The difference being is that a BMX is fully rigid so suspension is irrelevant to performance. It is somewhat true that if you develop honed bike handling skills on a piece of **** you will find the handling of a nice bike much easier. However, it seems that is what everyone is telling you. You should learn to ride on a hardtail because having no rear suspension teaches you a lot more about fundamentals and traction, such as cornering skills. Learning to ride a mountain bike on a Big Hit will just make you a poor rider, and even once you become better it might cause you to lack confidence when riding on low travel or hardtail bikes later.


----------



## Torch_racing (Mar 16, 2010)

this is just gonna turn into a war between hard tailers and soft tailers. i like soft tail.


----------



## Kabrex (Jul 29, 2010)

Torch_racing said:


> this is just gonna turn into a war between hard tailers and soft tailers. i like soft tail.


Actually what you don't understand is that right now its a difference in opinion between idiots and riders.

Idiots think there is two distinct categories of riders based on travel, riders know that you buy a bike based on what applications you want it to perform.


----------



## assgrinder (Jul 16, 2007)

is torch in reference to all the mad weed??? SICKKKK


----------



## mountain_yj (May 18, 2009)

I see you changed your siggy. Loose some of your "freinds" when they let you buy walmart ****? Took the time to change it and still can't spell correctly.


----------



## Calles (May 25, 2010)




----------



## highdelll (Oct 3, 2008)

Torch_racing said:


> this is just gonna turn into a war between hard tailers and soft tailers. i like soft tail.


Soft tails?? that's crap

There is no 'war' between hard-tail and soft-tail - if there was, the hard tailers would win b/c soft-tail is whack and there are not many of them...(numbers)
I don't know why you even bring this up....then again, alot of what you do is perplexing...
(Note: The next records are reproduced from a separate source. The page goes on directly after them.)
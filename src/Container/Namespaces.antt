-- ===== src/Container/Namespaces.antt =====
-- The namespaces that the container's process creates and joins (src/runw.cpp, in doRunInternal).
use runw.Common.{
  ◌≡◌, refl, ◌∙◌, arith, Bool, true, false, ◌&&◌, ◌==◌, Option, none, some, List, [], ◌∷◌, ◌++◌,
  Text, codes, text_eq, if◌then◌else◌,
}
use runw.Loader.{Step, each, next, first}
use runw.Bundle.{NamespaceDesc}

-- The CLONE_NEW* constants.
pub data Flag : Type 0 where
  newcgroup newipc newns newnet newpid newtime newuts newuser : Flag

-- `UnshareFlags`, as the flags in the order in which they are added, and `SetNsFlags`, with the path in
-- place of its descriptor.
pub record Flags : Type 0 where
  pub unshare : List Flag
  pub setns : List (Text × Flag)

abbrev pub no_flags : Flags
no_flags = record { unshare = []; setns = [] }

-- `open(path, O_RDONLY)` and `setns(fd, flag)`.
pub record Kernel : Type 0 where
  pub opens_namespace : Text → Bool
  pub joins_namespace : Text × Flag → Bool

unfoldable pub update_flags : Kernel → Flag → Text → Step Flags
update_flags kernel flag [] f = (record f { unshare = f.unshare ++ flag ∷ [] }, true)
update_flags kernel flag (c ∷ path) f =
    if kernel.opens_namespace (c ∷ path)
    then (record f { setns = f.setns ++ (c ∷ path, flag) ∷ [] }, true)
    else (f, false)

-- The switch: the flag of a type, if there is one.
unfoldable pub flag_of : Text → Option Flag
flag_of type =
    if first type == b'c'
    then (if text_eq type (codes "cgroup") then some newcgroup else none)
    else if first type == b'i'
    then (if text_eq type (codes "ipc") then some newipc else none)
    else if first type == b'm'
    then (if text_eq type (codes "mount") then some newns else none)
    else if first type == b'n'
    then (if text_eq type (codes "network") then some newnet else none)
    else if first type == b'p'
    then (if text_eq type (codes "pid") then some newpid else none)
    else if first type == b't'
    then (if text_eq type (codes "time") then some newtime else none)
    else if first type == b'u'
    then (if text_eq type (codes "uts")
        then some newuts
        else if text_eq type (codes "user")
        then some newuser
        else none)
    else none

abbrev pub update_if : Kernel → Option Flag → Text → Step Flags
update_if kernel none path f = (f, true)
update_if kernel (some flag) path f = update_flags kernel flag path f

unfoldable pub add_namespace : Kernel → NamespaceDesc → Step Flags
unfolding update_flags flag_of
add_namespace kernel desc = update_if kernel (flag_of desc.type) desc.path

-- The loop with `SetNsFailed`: each namespace is tried, and whether none failed.
unfoldable pub join_all : Kernel → List (Text × Flag) → Bool
join_all kernel [] = true
join_all kernel (x ∷ xs) = let rest = join_all kernel xs in kernel.joins_namespace x && rest

abbrev pub joined : Kernel → Flags × Bool → Bool
joined kernel (f, true) = join_all kernel f.setns
joined kernel (f, false) = false

unfoldable pub enter_namespaces : Kernel → List NamespaceDesc → Bool
unfolding add_namespace join_all
enter_namespaces kernel descs = joined kernel (each (add_namespace kernel) descs no_flags)

-- What is asked of the kernel for one namespace: nothing, if it has no known type or no path.
abbrev pub wanted : Kernel → Option Flag → Text → Bool
wanted kernel none path = true
wanted kernel (some flag) [] = true
wanted kernel (some flag) (c ∷ path) =
    kernel.opens_namespace (c ∷ path) && kernel.joins_namespace (c ∷ path, flag)

abbrev pub all_wanted : Kernel → List NamespaceDesc → Bool
all_wanted kernel [] = true
all_wanted kernel (d ∷ ds) = wanted kernel (flag_of d.type) d.path && all_wanted kernel ds

join_all-append :
    (kernel : Kernel) (xs : List (Text × Flag)) (x : Text × Flag)
    → join_all kernel (xs ++ x ∷ []) ≡ (join_all kernel xs && kernel.joins_namespace x)
unfolding join_all
join_all-append kernel [] x = ground arith
join_all-append kernel (y ∷ xs) x = ground (arith, join_all-append kernel xs x)

add_namespace-joined :
    (kernel : Kernel) (o : Option Flag) (path : Text) (f : Flags)
    → joined kernel (update_if kernel o path f) ≡ (join_all kernel f.setns && wanted kernel o path)
unfolding update_flags
add_namespace-joined kernel none path f = ground arith
add_namespace-joined kernel (some flag) [] f = ground arith
add_namespace-joined kernel (some flag) (c ∷ path) f =
    ground (arith, join_all-append kernel f.setns (c ∷ path, flag))

joined-next :
    (kernel : Kernel) (r : Flags × Bool) (ds : List NamespaceDesc)
    → ((f : Flags)
        → joined kernel (each (add_namespace kernel) ds f)
          ≡ (join_all kernel f.setns && all_wanted kernel ds))
    → joined kernel (next r (each (add_namespace kernel) ds))
      ≡ (joined kernel r && all_wanted kernel ds)
joined-next kernel (f, true) ds h = h f
joined-next kernel (f, false) ds h = refl

joined-each :
    (kernel : Kernel) (ds : List NamespaceDesc) (f : Flags)
    → joined kernel (each (add_namespace kernel) ds f)
      ≡ (join_all kernel f.setns && all_wanted kernel ds)
unfolding each add_namespace
joined-each kernel [] f = ground arith
joined-each kernel (d ∷ ds) f =
    joined-next kernel (add_namespace kernel d f) ds (joined-each kernel ds)
    ∙ ground (arith, add_namespace-joined kernel (flag_of d.type) d.path f)

-- The container gets past its namespaces exactly if each namespace with a known type and a path can be
-- opened and joined; one without a path or of another type is never in the way.
pub enter_namespaces_lem :
    (kernel : Kernel) (ds : List NamespaceDesc) → enter_namespaces kernel ds ≡ all_wanted kernel ds
unfolding enter_namespaces join_all
enter_namespaces_lem kernel ds = joined-each kernel ds no_flags
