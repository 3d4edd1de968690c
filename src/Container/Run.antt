-- ===== src/Container/Run.antt =====
-- `doRunInternal` of src/runw.cpp in the child of its second fork: from the pid file to the value that it
-- returns.
use runw.Common.{ℤ, pos, Bool, true, false, Option, none, some, List, [], Text, if◌then◌else◌}
use runw.State.{State, get_pid, set_created, set_running, set_stopped}
use runw.State.Decimal.{print_int}
use runw.State.Print.{print}
use runw.Disk.{Disk, Os}
use runw.Disk.AtomicFile.{atomic_create, atomic_update}
use runw.SdBus.{Library}
use runw.CGroup.JobStatus.{Round, Checked, finished, fails}
use runw.CGroup.Enter.{enter}
use runw.Container.Namespaces.{Kernel, enter_namespaces}

-- What one run of the process meets: the suffixes drawn for each file, the times, its process id, what
-- the kernel grants, what the bus answers and how it goes on, and how the program ends (`none`: the engine failed).
pub record Run : Type 0 where
  pub pid_suffixes : List Text
  pub created_suffixes : List Text
  pub running_suffixes : List Text
  pub stopped_suffixes : List Text
  pub created_at : Text
  pub started_at : Text
  pub finished_at : Text
  pub pid : ℤ
  pub kernel : Kernel
  pub bus : Library
  pub rounds : List Round
  pub selects_fifo : Bool
  pub reads_fifo : Bool
  pub program_exit : Option ℤ

-- The value that `doRunInternal` returns, and the disk. The process itself goes on to write the value to
-- the pipe, and then ends without it. `none`: the process looks for a temporary name, or waits for systemd.
abbrev pub Outcome : Type 0
Outcome = Option (ℤ × Disk)

abbrev pub exit_failure : ℤ
exit_failure = pos 1

-- `if (!atomic...(...)) return EXIT_FAILURE;` and the rest.
abbrev pub written : Option (Bool × Disk) → (Disk → Outcome) → Outcome
written none k = none
written (some (true, d)) k = k d
written (some (false, d)) k = some (exit_failure, d)

abbrev pub exit_of : Option ℤ → ℤ
exit_of none = exit_failure
exit_of (some code) = code

unfoldable pub after_program : Os → Run → Text → State → Disk → Outcome
after_program os r state_file s d =
    let code = exit_of r.program_exit in
    written
      (atomic_update os r.stopped_suffixes state_file (print (set_stopped code r.finished_at s)) d)
      λ d'. some (code, d')

unfoldable pub run_program : Os → Run → Text → State → Disk → Outcome
unfolding after_program
run_program os r state_file s d =
    let s' = set_running r.started_at s in
    written (atomic_update os r.running_suffixes state_file (print s') d)
      (after_program os r state_file s')

-- The wait for `start`, if there is a fifo.
unfoldable pub wait_for_start : Os → Run → Bool → Text → State → Disk → Outcome
unfolding run_program
wait_for_start os r has_fifo state_file s d =
    if has_fifo
    then (if r.selects_fifo
        then (if r.reads_fifo then run_program os r state_file s d else some (exit_failure, d))
        else some (exit_failure, d))
    else run_program os r state_file s d

-- `if (auto Res = RUNW::CGroup::enter(...); !Res) return EXIT_FAILURE;` and the rest.
abbrev pub entered : Option Checked → Disk → Outcome → Outcome
entered none d k = none
entered (some finished) d k = k
entered (some (fails e)) d k = some (exit_failure, d)

unfoldable pub record_created : Os → Run → Bool → Text → State → Disk → Outcome
unfolding wait_for_start enter get_pid
record_created os r has_fifo state_file s d =
    if enter_namespaces r.kernel s.config.namespaces
    then entered (enter r.bus r.rounds s.container_id s.config.cgroups_path (get_pid s)).0 d (
        written (atomic_update os r.created_suffixes state_file (print s) d)
          (wait_for_start os r has_fifo state_file s))
    else some (exit_failure, d)

unfoldable pub run_container : Os → Run → Bool → Text → Text → State → Disk → Outcome
unfolding record_created
run_container os r has_fifo pid_file state_file s d =
    written (atomic_create os r.pid_suffixes pid_file (print_int r.pid []) d)
      (record_created os r has_fifo state_file (set_created r.created_at r.pid s))
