-- ===== src/Lib.antt =====
-- rnetlib: a verification library beside a game networking library in Rust.
--
-- The program is a workspace of crates. rnet-core holds handles, the event queue, the lifecycle and the
-- exported buffers; rnet-protocol the wire formats; rnet-security the keys and the transitions of a
-- session; rnet-transport the socket drivers on top of these; rnet-game the game layer that applications
-- use. A driver turns received bytes into frames or records, gives security controls to the transition
-- controller, and pushes events, which name endpoints and sessions by handles.
--
-- Core follows crates/rnet-core/src. Core/Handle is handle.rs (HandleTable, encode_handle,
-- decode_handle): a slot is a generation and an optional value, and the free list is a list whose head is
-- the end of the vector. Core/EventQueue is event_queue.rs with Event of event.rs: every operation holds
-- both locks, so it is one step on the state; a push_timeout takes its deadline, if an instant can
-- represent it, and the list of its sleeps, each with what other threads make of the queue meanwhile. Core/Lifecycle is lifecycle.rs, where a load and the
-- exchange after it are two steps. Core/Buffer is buffer.rs on the handle table; the address of a buffer
-- is its token. Error codes are those of error.rs (Prelude/Results); the diagnostic text is dropped.
--
-- Protocol follows crates/rnet-protocol/src. Protocol/Frame is lib.rs (FrameCodec, encode_frame,
-- decode_datagram, parse_header), Protocol/Control is control.rs (records, protected messages, controls).
-- Bytes are numbers below 256, and big-endian integers are read and written by Prelude/Bytes.
--
-- Security/Transition is crates/rnet-security/src/transition.rs (SecurityController). Its child Link is
-- the driver around it, process_inbound and the loop of crates/rnet-transport/src/adaptive_tcp_session.rs,
-- and the two ends of a connection with the records between them. Keys belong to a third-party package:
-- a key is the number of its rekeys, and a record opens only under the number that it was sealed with.
-- Security/Replay and Security/Datagram are the replay window and the datagram transport of lib.rs in the
-- same crate (ReplayWindow, DatagramTransport), over a cipher that is a parameter: the snow package.
--
-- Transport/RecordReader is crates/rnet-transport/src/record_reader.rs with write_wire of adaptive_tcp.rs.
--
-- Game follows crates/rnet-game/src: Envelope is envelope.rs, Heartbeat is heartbeat.rs, Quality is
-- quality.rs (loss tracker, grades, change gate), ClockSync is clock_sync.rs, Join is join.rs with
-- GameProtocol of config.rs, Realtime is realtime.rs (the
-- map of pending snapshots is the list of its entries; Realtime/Staging and Realtime/Client have the list of
-- messages that the calls make by the configuration alone), Admission is admission.rs (Admission/Race has the threads that
-- send, close and stop at once, in the order of lifecycle.rs and runtime.rs), Scheduler is the queue of one priority class of
-- scheduler.rs and Scheduler/Weighted the whole scheduler, with the calls that scheduler_runtime.rs and
-- the cleanup of runtime.rs make of it as steps (Scheduler/Weighted/Run). Instants and durations are
-- nanoseconds. A hash map whose keys are not enumerated is a function (Prelude/Maps).
--
-- Observe/Latency is LatencyHistogram of crates/rnet-observe/src/lib.rs, with one caller at a time.
--
-- usize and u64 are 64 bits, u32 32 bits; additions wrap, saturate or are checked as in the source
-- (Prelude/Words). Loops run on fuel where they are not structural: make_room of the event queue takes
-- one more than the events queued, since each round removes one; drain_frames of the frame codec and
-- take_all of the record reader take at most one round for each byte in the buffer, since each round
-- consumes a header; pop_next of the scheduler takes more than the messages queued, since each round
-- takes one. Where fuel can run out the result is an Option, or the bound is in the definition.
--
-- Not modelled: sockets, threads and timers, metrics, Protobuf helpers, the Noise handshake, KCP, the
-- datagram sockets, the logger, the runtimes and the foreign interface, which are input, output or calls of
-- other packages; and the game ranges, session resume, automatic rekeys and the datagram wire format.
pub mod Prelude
pub mod Core
pub mod Observe
pub mod Protocol
pub mod Security
pub mod Transport
pub mod Game
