-- ===== src/Core.antt =====
-- crates/rnet-core: handles, buffers, the event queue and the lifecycle of a runtime.
pub mod Handle
pub mod EventQueue
pub mod Lifecycle
pub mod Buffer
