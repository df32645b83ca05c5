-- ===== src/Prelude/Results.antt =====
-- crates/rnet-core/src/error.rs: the status codes, and the result type of fallible code.
-- The diagnostic text of an error is dropped: no code under review branches on it.
use mathlib.Core.Path.{◌≡◌, refl}
use mathlib.Core.Bool.{Bool, true, false}
use mathlib.Core.Option.{Option, none, some}
use mathlib.Core.Logic.{◌⊎◌, inl, inr}

pub data ErrorCode : Type 0 where
  ok_code invalid_argument invalid_handle invalid_state would_block timeout not_supported :
      ErrorCode
  io_error protocol_error message_too_large internal_panic handshake_required : ErrorCode
  handshake_failed auth_rejected peer_key_mismatch replay_detected crypto_error : ErrorCode
  rate_limited cancelled : ErrorCode

pub data Result {ℓ} (A : Type ℓ) : Type ℓ where
  ok : A → Result A
  err : ErrorCode → Result A

-- Fails with the code when the test holds: an early `return Err(..)`.
abbrev pub reject : Bool → ErrorCode → Result (Unit {0})
reject false code = ok tt
reject true code = err code

infixl 5 ◌>>=◌
abbrev pub ◌>>=◌ {ℓ κ} : {A : Type ℓ} {B : Type κ} → Result A → (A → Result B) → Result B
err code >>= next = err code
ok value >>= next = next value

infixl 5 ◌>>◌
abbrev pub ◌>>◌ {ℓ} : {B : Type ℓ} → Result (Unit {0}) → Result B → Result B
first >> second = first >>= λ done. second

abbrev pub ok_or {ℓ} : {A : Type ℓ} → Option A → ErrorCode → Result A
ok_or none e = err e
ok_or (some a) e = ok a

pub Result-cases {ℓ} :
    {A : Type ℓ} (r : Result A) → ((a : A) × (r ≡ ok a)) ⊎ ((e : ErrorCode) × (r ≡ err e))
Result-cases (ok a) = inl (a, refl)
Result-cases (err e) = inr (e, refl)

-- What a chain that succeeded went through.
pub chain_ok {ℓ κ} :
    {A : Type ℓ} {B : Type κ} (next : A → Result B) (first : Result A) {end : B}
    → (first >>= next) ≡ ok end
    → (value : A) × (next value ≡ ok end) × (first ≡ ok value)
chain_ok next (err code) reached = cc
chain_ok next (ok value) reached = (value, reached, refl)
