-- ===== src/Prelude/Maps.antt =====
-- Hash maps keyed by handles, of which the modelled code never enumerates the keys: as functions.
use Prim.Native.Nat.{ℕ}
use mathlib.Core.Path.{◌≡◌, refl}
use mathlib.Core.Logic.{◌≢◌, ◌⊎◌}
use mathlib.Core.Bool.{false}
use mathlib.Core.Option.{Option}
use native.Mathlib.Omega.{arith}
use rnetlib.Prelude.Tests.{◌==◌, ==_refl, if◌then◌else◌}

abbrev pub Map {ℓ} : Type ℓ → Type ℓ
Map A = ℕ → Option A

abbrev pub put {ℓ} : {A : Type ℓ} → Map A → ℕ → Option A → Map A
put m key value = λ k. if k == key then value else m k

pub put_self {ℓ} :
    {A : Type ℓ} (m : Map A) (key : ℕ) (value : Option A) → put m key value key ≡ value
put_self m key value = rw (==_refl key) refl

pub neq-test : (k key : ℕ) → k ≢ key → (k == key) ≡ false
neq-test k key ne = ground arith

pub same-or-not : (a b : ℕ) → (a ≡ b) ⊎ (a ≢ b)
same-or-not a b = ground arith

pub put_other {ℓ} :
    {A : Type ℓ} (m : Map A) (key : ℕ) (value : Option A) (k : ℕ)
    → k ≢ key
    → put m key value k ≡ m k
put_other m key value k ne = rw (neq-test k key ne) refl
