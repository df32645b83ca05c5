-- ===== src/Core/Handle.antt =====
-- crates/rnet-core/src/handle.rs: generational slots and the handles that name them.
pub mod Codec
pub mod Table
pub mod Laws
pub mod Stale
mod Tests
use Prim.Native.Nat.{bit_and, bit_or}
use rnetlib.Prelude.{
  ℕ, zero, suc, ◌+◌, ◌-◌, ◌*◌, ◌/◌, ◌%◌, ◌^◌, max, Bool, ◌||◌, Option, none, some, List, [], ◌∷◌,
  ◌++◌, ◌==◌, if◌then◌else◌, length, get_elem?, set, u32_mod, u32_max,
}

-- `u64::from(generation) << 32 | (index as u64 + 1)`
pub encode_handle : ℕ → ℕ → ℕ
encode_handle index generation = bit_or (generation * 2 ^ 32) (index + 1)

unfoldable pub decode_handle : ℕ → Option (ℕ × ℕ)
decode_handle handle =
    let encoded_index = bit_and handle u32_max in
    let generation = handle / 2 ^ 32 % u32_mod in
    if encoded_index == 0 || generation == 0 then none else some (encoded_index - 1, generation)

-- `generation.wrapping_add(1).max(1)`
pub next_generation : ℕ → ℕ
next_generation generation = max ((generation + 1) % u32_mod) 1

pub record Slot {ℓ} (A : Type ℓ) : Type ℓ where
  pub generation : ℕ
  pub value : Option A

-- The head of `free` is the end of the vector.
pub record HandleTable {ℓ} (A : Type ℓ) : Type ℓ where
  pub slots : List (Slot A)
  pub free : List ℕ

module _ {ℓ} {A : Type ℓ} where
  pub new : HandleTable A
  new = record { slots = []; free = [] }

  pub live_count : List (Slot A) → ℕ
  live_count [] = 0
  live_count (slot ∷ slots) = elim slot.value [
    | none ↦ live_count slots
    | some _ ↦ suc (live_count slots)
  ]

  pub len : HandleTable A → ℕ
  unfolding live_count
  len t = live_count t.slots

  -- `self.slots[index]` and the rest of `insert`. `none` is the panic of an index out of range.
  pub place : List (Slot A) → List ℕ → ℕ → A → Option (ℕ × HandleTable A)
  place slots free index value = elim (get_elem? slots index) [
    | none ↦ none
    | some slot ↦ some (
      encode_handle index slot.generation,
      record {
        slots = set slots index (record { generation = slot.generation; value = some value });
        free = free;
      },
    )
  ]

  abbrev pub vacant : Slot A
  vacant = record { generation = 1; value = none }

  pub insert : HandleTable A → A → Option (ℕ × HandleTable A)
  unfolding place
  insert t value = elim t.free [
    | index ∷ rest ↦ place t.slots rest index value
    | [] ↦ place (t.slots ++ vacant ∷ []) [] (length t.slots) value
  ]

  abbrev pub value_at : Option (Slot A) → ℕ → Option A
  value_at none generation = none
  value_at (some slot) generation = if slot.generation == generation then slot.value else none

  unfoldable pub get : HandleTable A → ℕ → Option A
  get t handle = elim (decode_handle handle) [
    | none ↦ none
    | some (index, generation) ↦ value_at (get_elem? t.slots index) generation
  ]

  -- The removed value, and the table.
  pub remove : HandleTable A → ℕ → Option A × HandleTable A
  remove t handle = elim (decode_handle handle) [
    | none ↦ (none, t)
    | some (index, generation) ↦ elim (value_at (get_elem? t.slots index) generation) [
      | none ↦ (none, t)
      | some value ↦ (
        some value,
        record {
          slots =
              set t.slots index (record { generation = next_generation generation; value = none });
          free = index ∷ t.free;
        },
      )
    ]
  ]
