-- ===== src/Core/Buffer.antt =====
-- crates/rnet-core/src/buffer.rs: exported byte buffers. The address of a buffer is its token here, since
-- the buffer is not moved between its insertion and its release; the lock makes each call one step.
pub mod Tokens
mod Tests
use mathlib.Core.Option
use rnetlib.Prelude.{
  ℕ, Bool, true, false, Option, none, some, List, [], ◌∷◌, Result, ok, err, invalid_handle, ok_or,
  length,
}
use rnetlib.Core.Handle.{HandleTable, insert, get, remove, len}
use rnetlib.Core.Handle as Handle

abbrev pub BufferStore : Type 0
BufferStore = HandleTable (List ℕ)

pub record BufferView : Type 0 where
  pub token : ℕ
  pub ptr : Option ℕ
  pub len : ℕ

abbrev pub new : BufferStore
new = Handle.new

abbrev pub address : ℕ → List ℕ → Option ℕ
address token [] = none
address token (b ∷ bs) = some token

abbrev pub view : List ℕ → ℕ × BufferStore → BufferView × BufferStore
view bytes (token, store) =
    (record { token = token; ptr = address token bytes; len = length bytes }, store)

-- `none` is the panic of an index that leaves the table.
pub insert_buffer : List ℕ → BufferStore → Option (BufferView × BufferStore)
insert_buffer bytes store = Option.map (view bytes) (insert store bytes)

abbrev pub released : Option (List ℕ) × BufferStore → Result (Unit {0}) × BufferStore
released (none, store) = (err invalid_handle, store)
released (some bytes, store) = (ok tt, store)

pub release : ℕ → BufferStore → Result (Unit {0}) × BufferStore
release token store = released (remove store token)

pub copy : ℕ → BufferStore → Result (List ℕ)
copy token store = ok_or (get store token) invalid_handle

pub outstanding : BufferStore → ℕ
outstanding store = len store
Comfort-bike riders hate me now


----------



## rabidweasel999 (Oct 22, 2006)

Day made.


----------



## Calles (May 25, 2010)

Ohh my god... Im still a beginner at this, but holy sh!t. First off, the guy IS a troll isnt he? It would be funnier if he was serious... lol

I just wanted to comment on someone saying, 

"No seriously, pix or gtfo... actually, pixx then gtfo" lmao...

and then shortly after he posted pictures of that scrap-yard with wheels there was this...

"Looks Flexy"

AHHH, I couldn't do anything other than **** my pants...

Good job if your a troll, good luck making it to your next birthday if your serious! :thumbsup:


----------



## Kabrex (Jul 29, 2010)

Stop reposting that over and over.


----------



## Calles (May 25, 2010)

Kabrex said:


> Stop reposting that over and over.


I reposted it ONCE because i put it in the wrong place... calm down already.


----------



## wookie freeride (Apr 10, 2007)

*this thread is like crack cocane...*

I just keep coming back and it keeps delivering.

Who's got the lighter and the pipe ...


----------



## sodak (Oct 10, 2006)

I know I said "I Quit" here, but man, this thread is like crack. I just have to come back for one more post,... must see the next posters comments., just one more...... ahh! lol ..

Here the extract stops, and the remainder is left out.